-- ===== src/AsyncWriter/Order.antt =====
-- The sequence numbers and the bytes of the queue.
use tfdb.Prelude.{
  ℕ, ◌+◌, ◌-◌, ◌^◌, ◌≤◌, ◌<◌, min, ◌≡◌, refl, sym, ◌∙◌, false, not, ◌||◌, Option, none, some, List,
  [], ◌∷◌, ◌++◌, arith, ltb, leb, length,
}
use tfdb.Bytes.{ByteView, bytes, null, valid, contents, size}
use tfdb.RingStore.State.{add64, sub64}
use tfdb.AsyncWriter.State.{Item, Thread, holding, AsyncWriter}

abbrev pub IsRun : ℕ → ℕ → List Item → Type 0
IsRun first next [] = first ≡ next
IsRun first next (item ∷ items) = (item.sequence ≡ first) × IsRun (first + 1) next items

abbrev pub bytes_of : List Item → ℕ
bytes_of [] = 0
bytes_of (item ∷ items) = length item.item_bytes + bytes_of items

-- The item that the thread holds comes right after the processed ones.
abbrev pub IsNext : ℕ → ℕ → Option Item → Type 0
IsNext processed first none = first ≡ processed + 1
IsNext processed first (some item) = (item.sequence ≡ processed + 1) × (first ≡ processed + 2)

abbrev pub held : Thread → Option Item
held (holding work) = work.item
held thread = none

-- The queue is a run of sequence numbers that ends at the last submitted one, and starts after the
-- last processed one and the item that the thread holds; its bytes are counted, and both of its
-- bounds kept; the barrier trails what was processed, and at most `limit` items were submitted.
pub record Order (limit : ℕ) (queue : List Item)
    (queued_bytes submitted processed completed durable : ℕ) (capacity_records capacity_bytes : ℕ)
    (held_item : Option Item) : Type 0 where
  pub first : ℕ
  pub queue_run : IsRun first (submitted + 1) queue
  pub held_next : IsNext processed first held_item
  pub bytes_counted : queued_bytes ≡ bytes_of queue
  pub barrier_trails : completed ≤ processed
  pub barrier_durable : durable ≡ completed
  pub bytes_bound : queued_bytes ≤ capacity_bytes
  pub records_bound : length queue ≤ capacity_records
  pub capacity_bound : capacity_bytes < 2 ^ 64
  pub submitted_bound : submitted ≤ limit

abbrev pub IsOrdered : {S : Type 0} → ℕ → AsyncWriter S → Type 0
IsOrdered limit a =
    Order limit a.queue a.queued_bytes a.submitted_sequence a.processed_sequence a.completed_barrier
      a.async_metrics.durable_sequence a.options.queue_capacity_records
      a.options.queue_capacity_bytes (held a.thread)

pub append-IsRun :
    (first next : ℕ) (items : List Item) (item : Item)
    → IsRun first next items
    → (item.sequence ≡ next)
    → IsRun first (item.sequence + 1) (items ++ item ∷ [])
append-IsRun first next [] item h e = (e ∙ sym h, omega arith)
append-IsRun first next (x ∷ items) item (h, k) e =
    (h, append-IsRun (first + 1) next items item k e)

pub bytes_append :
    (items : List Item) (item : Item)
    → bytes_of (items ++ item ∷ []) ≡ bytes_of items + length item.item_bytes
bytes_append [] item = ground arith
bytes_append (x ∷ items) item = rw (bytes_append items item) (ground arith)

pub wrap_small : (a b : ℕ) → a + b < 2 ^ 64 → add64 a b ≡ a + b
wrap_small a b h = ground arith

pub take_small : (a b c : ℕ) → (a ≡ b + c) → a < 2 ^ 64 → sub64 a b ≡ c
take_small a b c e h = ground arith

pub room :
    (records length_ capacity queued size_ : ℕ)
    → queued ≤ capacity
    → ((leb records length_ || ltb (capacity - min queued capacity) size_) ≡ false)
    → (length_ < records) × (queued + size_ ≤ capacity)
room records length_ capacity queued size_ h e = ground arith

pub take_head :
    {limit : ℕ} (item : Item) (items : List Item) (q s p c d cr cb : ℕ)
    → Order limit (item ∷ items) q s p c d cr cb none
    → Order limit items (sub64 q (length item.item_bytes)) s p c d cr cb (some item)
take_head item items q s p c d cr cb h =
    let less : sub64 q (length item.item_bytes) ≡ bytes_of items =
      take_small q (length item.item_bytes) (bytes_of items) h.bytes_counted
        (omega (arith, h.bytes_bound, h.capacity_bound)) in
    record {
      first = h.first + 1;
      queue_run = h.queue_run.1;
      held_next = (h.queue_run.0 ∙ h.held_next, omega (arith, h.held_next));
      bytes_counted = less;
      barrier_trails = h.barrier_trails;
      barrier_durable = h.barrier_durable;
      bytes_bound = rw less (omega (arith, h.bytes_counted, h.bytes_bound));
      records_bound = omega (arith, h.records_bound);
      capacity_bound = h.capacity_bound;
      submitted_bound = h.submitted_bound;
    }

pub contents_size :
    (view : ByteView) → (not (valid view) ≡ false) → length (contents view) ≡ size view
contents_size (bytes bs) v = refl
contents_size (null n) v = ground arith

-- The held item was appended.
pub processed_item :
    {limit : ℕ} (item : Item) (queue : List Item) (q s p c d cr cb : ℕ)
    → Order limit queue q s p c d cr cb (some item)
    → Order limit queue q s item.sequence c d cr cb none
processed_item item queue q s p c d cr cb h = record {
  first = h.first;
  queue_run = h.queue_run;
  held_next = omega (arith, h.held_next.0, h.held_next.1);
  bytes_counted = h.bytes_counted;
  barrier_trails = omega (arith, h.held_next.0, h.barrier_trails);
  barrier_durable = h.barrier_durable;
  bytes_bound = h.bytes_bound;
  records_bound = h.records_bound;
  capacity_bound = h.capacity_bound;
  submitted_bound = h.submitted_bound;
}

-- What was processed was made durable.
pub barrier_reached :
    {limit : ℕ} (queue : List Item) (q s p c d cr cb : ℕ)
    → Order limit queue q s p c d cr cb none
    → Order limit queue q s p p p cr cb none
barrier_reached queue q s p c d cr cb h = record {
  first = h.first;
  queue_run = h.queue_run;
  held_next = h.held_next;
  bytes_counted = h.bytes_counted;
  barrier_trails = omega arith;
  barrier_durable = refl;
  bytes_bound = h.bytes_bound;
  records_bound = h.records_bound;
  capacity_bound = h.capacity_bound;
  submitted_bound = h.submitted_bound;
}

-- An ordered writer whose thread holds nothing, whatever the thread does.
abbrev pub IsIdle : {S : Type 0} → ℕ → AsyncWriter S → Type 0
IsIdle limit a =
    Order limit a.queue a.queued_bytes a.submitted_sequence a.processed_sequence a.completed_barrier
      a.async_metrics.durable_sequence a.options.queue_capacity_records
      a.options.queue_capacity_bytes none

pub raise_limit :
    (limit : ℕ) (queue : List Item) (q s p c d cr cb : ℕ) (item : Option Item)
    → Order limit queue q s p c d cr cb item
    → Order (limit + 1) queue q s p c d cr cb item
raise_limit limit queue q s p c d cr cb item h = record {
  first = h.first;
  queue_run = h.queue_run;
  held_next = h.held_next;
  bytes_counted = h.bytes_counted;
  barrier_trails = h.barrier_trails;
  barrier_durable = h.barrier_durable;
  bytes_bound = h.bytes_bound;
  records_bound = h.records_bound;
  capacity_bound = h.capacity_bound;
  submitted_bound = omega (arith, h.submitted_bound);
}
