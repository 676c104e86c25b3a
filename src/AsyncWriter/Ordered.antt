-- ===== src/AsyncWriter/Ordered.antt =====
-- The order of the queue along the critical sections of the clients and of the background thread.
use tfdb.Prelude.{
  ℕ, ◌+◌, ◌^◌, ◌<◌, ◌≡◌, refl, ap, ◌∙◌, inl, inr, Bool, true, false, not, ◌&&◌, ◌||◌, Option, none,
  some, List, [], ◌∷◌, arith, ltb, if◌then◌else◌, Bool-cases, length, length-append, ℤ,
}
use tfdb.Status.{ok, is_ok}
use tfdb.RingStore.Outcome.{Outcome, returned, stopped, if-Outcome, status-Outcome, always-Outcome}
use tfdb.Bytes.{ByteView, empty, valid, contents, size}
use tfdb.RingStore.State.{Device, add64}
use tfdb.RingStore.Append.{AppendContract}
use tfdb.AsyncWriter.State.{Item, Work, waiting, holding, AsyncWriter}
use tfdb.AsyncWriter.Client.{submit_impl, enqueue, queue_full}
use tfdb.AsyncWriter.Thread.{
  dequeue, take_work, finish_work, count_item, leave, complete_barrier, wants_checkpoint,
}
-- The items have consecutive sequence numbers, from `first` to before `next`.
use tfdb.AsyncWriter.Order.{
  held, Order, IsOrdered, append-IsRun, bytes_append, processed_item, barrier_reached, IsIdle,
  wrap_small, room, take_head, contents_size, raise_limit,
}

module _ {S : Type 0} (dev : Device S) (limit : ℕ) where
  -- An item that fits the queue is accepted as the next one.
  enqueue-IsOrdered :
      (a : AsyncWriter S) (item : Item)
      → IsOrdered limit a
      → (item.sequence ≡ a.submitted_sequence + 1)
      → (queue_full a (length item.item_bytes) ≡ false)
      → IsOrdered (limit + 1) (enqueue item a)
  unfolding enqueue
  enqueue-IsOrdered a item h e fits =
      let (shorter, lighter) =
        room a.options.queue_capacity_records (length a.queue) a.options.queue_capacity_bytes
          a.queued_bytes (length item.item_bytes) h.bytes_bound fits in
      let sum : add64 a.queued_bytes (length item.item_bytes)
          ≡ a.queued_bytes + length item.item_bytes =
        wrap_small _ _ (omega (arith, lighter, h.capacity_bound)) in
      record {
        first = h.first;
        queue_run = append-IsRun h.first (a.submitted_sequence + 1) a.queue item h.queue_run e;
        held_next = h.held_next;
        bytes_counted = sum ∙ rw (bytes_append a.queue item) (omega (arith, h.bytes_counted));
        barrier_trails = h.barrier_trails;
        barrier_durable = h.barrier_durable;
        bytes_bound = rw sum lighter;
        records_bound = rw length-append (omega (arith, shorter));
        capacity_bound = h.capacity_bound;
        submitted_bound = rw e (omega (arith, h.submitted_bound));
      }

  submit_impl-Outcome :
      (view : ByteView) (time : ℤ) (flags : ℕ) (expected : Option AppendContract) (now : ℕ)
      (a : AsyncWriter S)
      → IsOrdered limit a
      → limit + 1 < 2 ^ 64
      → Outcome
          (λ b. IsOrdered (limit + 1) b)
          (λ _ b. IsOrdered (limit + 1) b)
          (submit_impl view time flags expected now a)
  unfolding submit_impl
  submit_impl-Outcome view time flags expected now a h small =
      let k = raise_limit limit a.queue _ _ _ _ _ _ _ _ h in
      if-Outcome (not (is_ok a.background_status))
        (λ _. status-Outcome a.background_status k (λ c. k))
        (λ _.
          if-Outcome (not a.running || a.stopping) (λ _. stopped k)
            (λ _.
              if-Outcome (empty view) (λ _. stopped k)
                (λ _.
                  if-Outcome (not (valid view)) (λ _. stopped k)
                    (λ v.
                      if-Outcome (queue_full a (size view)) (λ _. stopped k)
                        (λ fits. returned (
                          enqueue-IsOrdered a
                            (record {
                              item_bytes = contents view;
                              time_ns = time;
                              flags = flags;
                              sequence = add64 a.submitted_sequence 1;
                              contract = expected;
                              submitted_at_ns = now;
                            })
                            h (wrap_small _ _ (omega (arith, small, h.submitted_bound)))
                            (rw (contents_size view v) fits)))))))

  -- `submit_impl` of an ordered writer keeps it ordered, while its sequence numbers have not reached
  -- 2 ^ 64: an accepted item gets the next number, goes to the end of the queue, and fits the queue.
  pub submit_impl-IsOrdered :
      (view : ByteView) (time : ℤ) (flags : ℕ) (expected : Option AppendContract) (now : ℕ)
      (a : AsyncWriter S)
      → IsOrdered limit a
      → limit + 1 < 2 ^ 64
      → IsOrdered (limit + 1) (submit_impl view time flags expected now a).1
  submit_impl-IsOrdered view time flags expected now a h small =
      always-Outcome (submit_impl-Outcome view time flags expected now a h small)

  idle : (a : AsyncWriter S) → (a.thread ≡ waiting) → IsOrdered limit a → IsIdle limit a
  idle a at h = rw (ap held at) at h

  dequeue-IsOrdered :
      (dequeued_at : ℕ) (items : List Item) (a : AsyncWriter S)
      → (a.queue ≡ items)
      → Order limit items a.queued_bytes a.submitted_sequence a.processed_sequence
          a.completed_barrier a.async_metrics.durable_sequence a.options.queue_capacity_records
          a.options.queue_capacity_bytes none
      → IsOrdered limit (dequeue dev dequeued_at items a)
  dequeue-IsOrdered dequeued_at [] a e h = rw e h
  dequeue-IsOrdered dequeued_at (item ∷ items) a e h = take_head item items _ _ _ _ _ _ _ h

  -- What the loop decides before its first critical section ends keeps the writer ordered.
  pub take_work-IsOrdered :
      (now dequeued_at : ℕ) (a : AsyncWriter S)
      → (a.thread ≡ waiting)
      → IsOrdered limit a
      → IsOrdered limit (take_work dev now dequeued_at a)
  unfolding take_work
  take_work-IsOrdered now dequeued_at a at h = elim (Bool-cases (wants_checkpoint dev now a)) [
    | inl e ↦ rw e (idle a at h)
    | inr e ↦ rw e (dequeue-IsOrdered dequeued_at a.queue a refl (idle a at h))
  ]

  count_item-IsIdle :
      (item : Option Item) (dequeued_at : ℕ) (a : AsyncWriter S)
      → Order limit a.queue a.queued_bytes a.submitted_sequence a.processed_sequence
          a.completed_barrier a.async_metrics.durable_sequence a.options.queue_capacity_records
          a.options.queue_capacity_bytes item
      → IsIdle limit (count_item dev item dequeued_at a)
  count_item-IsIdle none dequeued_at a h = h
  count_item-IsIdle (some item) dequeued_at a h = processed_item item a.queue _ _ _ _ _ _ _ h

  complete_barrier-IsIdle :
      (durable_at : ℕ) (a : AsyncWriter S)
      → IsIdle limit a
      → IsIdle limit (complete_barrier dev durable_at a)
  unfolding complete_barrier
  complete_barrier-IsIdle durable_at a h =
      elim (Bool-cases
        (ltb a.async_metrics.durable_sequence a.processed_sequence && a.have_oldest_undurable)) [
          | inl e ↦ rw e (barrier_reached a.queue _ _ _ _ _ _ _ h)
          | inr e ↦ rw e (barrier_reached a.queue _ _ _ _ _ _ _ h)
        ]

  leave-IsOrdered :
      (exits : Bool) (a : AsyncWriter S) → IsIdle limit a → IsOrdered limit (leave dev exits a)
  leave-IsOrdered true a h = h
  leave-IsOrdered false a h = h

  completed-IsIdle :
      (completes : Bool) (durable_at : ℕ) (a : AsyncWriter S)
      → IsIdle limit a
      → IsIdle limit (if completes then complete_barrier dev durable_at a else a)
  completed-IsIdle true durable_at a h = complete_barrier-IsIdle durable_at a h
  completed-IsIdle false durable_at a h = h

  -- What the loop records after its calls of the store returned `ok` keeps the writer ordered: the
  -- item that it held is the one after the last processed one.
  pub finish_work-IsOrdered :
      (work : Work) (durable_at : ℕ) (a : AsyncWriter S)
      → (a.thread ≡ holding work)
      → IsOrdered limit a
      → IsOrdered limit (finish_work dev work ok durable_at a)
  unfolding finish_work
  finish_work-IsOrdered work durable_at a at h =
      let counted = count_item-IsIdle work.item work.dequeued_at_ns a (rw (ap held at) at h) in
      leave-IsOrdered work.exit_after_checkpoint _ (
        completed-IsIdle work.do_checkpoint durable_at
          (count_item dev work.item work.dequeued_at_ns a) counted)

+++

- Instructions for the task
Copy out the entries exactly. Begin at the first line and end with the line that has "pub records_bound : length".

- Solution to this task
-- ===== src/AsyncWriter/Order.antt =====
-- The sequence numbers and the bytes of the queue.
use tfdb.Prelude.{
  ℕ, ◌+◌, ◌-◌, ◌^◌, ◌≤◌, ◌<◌, min, ◌≡◌, refl, sym, ◌∙◌, false, not, ◌||◌, Option, none, some, List,
  [], ◌∷◌, ◌++◌, arith, ltb, leb, length,
}
use tfdb.Bytes.{ByteView, bytes, null, valid, contents, size}
use tfdb.RingStore.State.{add64, sub64}
use tfdb.AsyncWriter.State.{Item, Thread, holding, AsyncWriter}

abbrev pub IsRun : ℕ → ℕ → List Item → Type 0
IsRun first next [] = first ≡ next
IsRun first next (item ∷ items) = (item.sequence ≡ first) × IsRun (first + 1) next items

abbrev pub bytes_of : List Item → ℕ
bytes_of [] = 0
bytes_of (item ∷ items) = length item.item_bytes + bytes_of items

-- The item that the thread holds comes right after the processed ones.
abbrev pub IsNext : ℕ → ℕ → Option Item → Type 0
IsNext processed first none = first ≡ processed + 1
IsNext processed first (some item) = (item.sequence ≡ processed + 1) × (first ≡ processed + 2)

abbrev pub held : Thread → Option Item
held (holding work) = work.item
held thread = none

-- The queue is a run of sequence numbers that ends at the last submitted one, and starts after the
-- last processed one and the item that the thread holds; its bytes are counted, and both of its
-- bounds kept; the barrier trails what was processed, and at most `limit` items were submitted.
pub record Order (limit : ℕ) (queue : List Item)
    (queued_bytes submitted processed completed durable : ℕ) (capacity_records capacity_bytes : ℕ)
    (held_item : Option Item) : Type 0 where
  pub first : ℕ
  pub queue_run : IsRun first (submitted + 1) queue
  pub held_next : IsNext processed first held_item
  pub bytes_counted : queued_bytes ≡ bytes_of queue
  pub barrier_trails : completed ≤ processed
  pub barrier_durable : durable ≡ completed
  pub bytes_bound : queued_bytes ≤ capacity_bytes
  pub records_bound : length queue ≤ capacity_records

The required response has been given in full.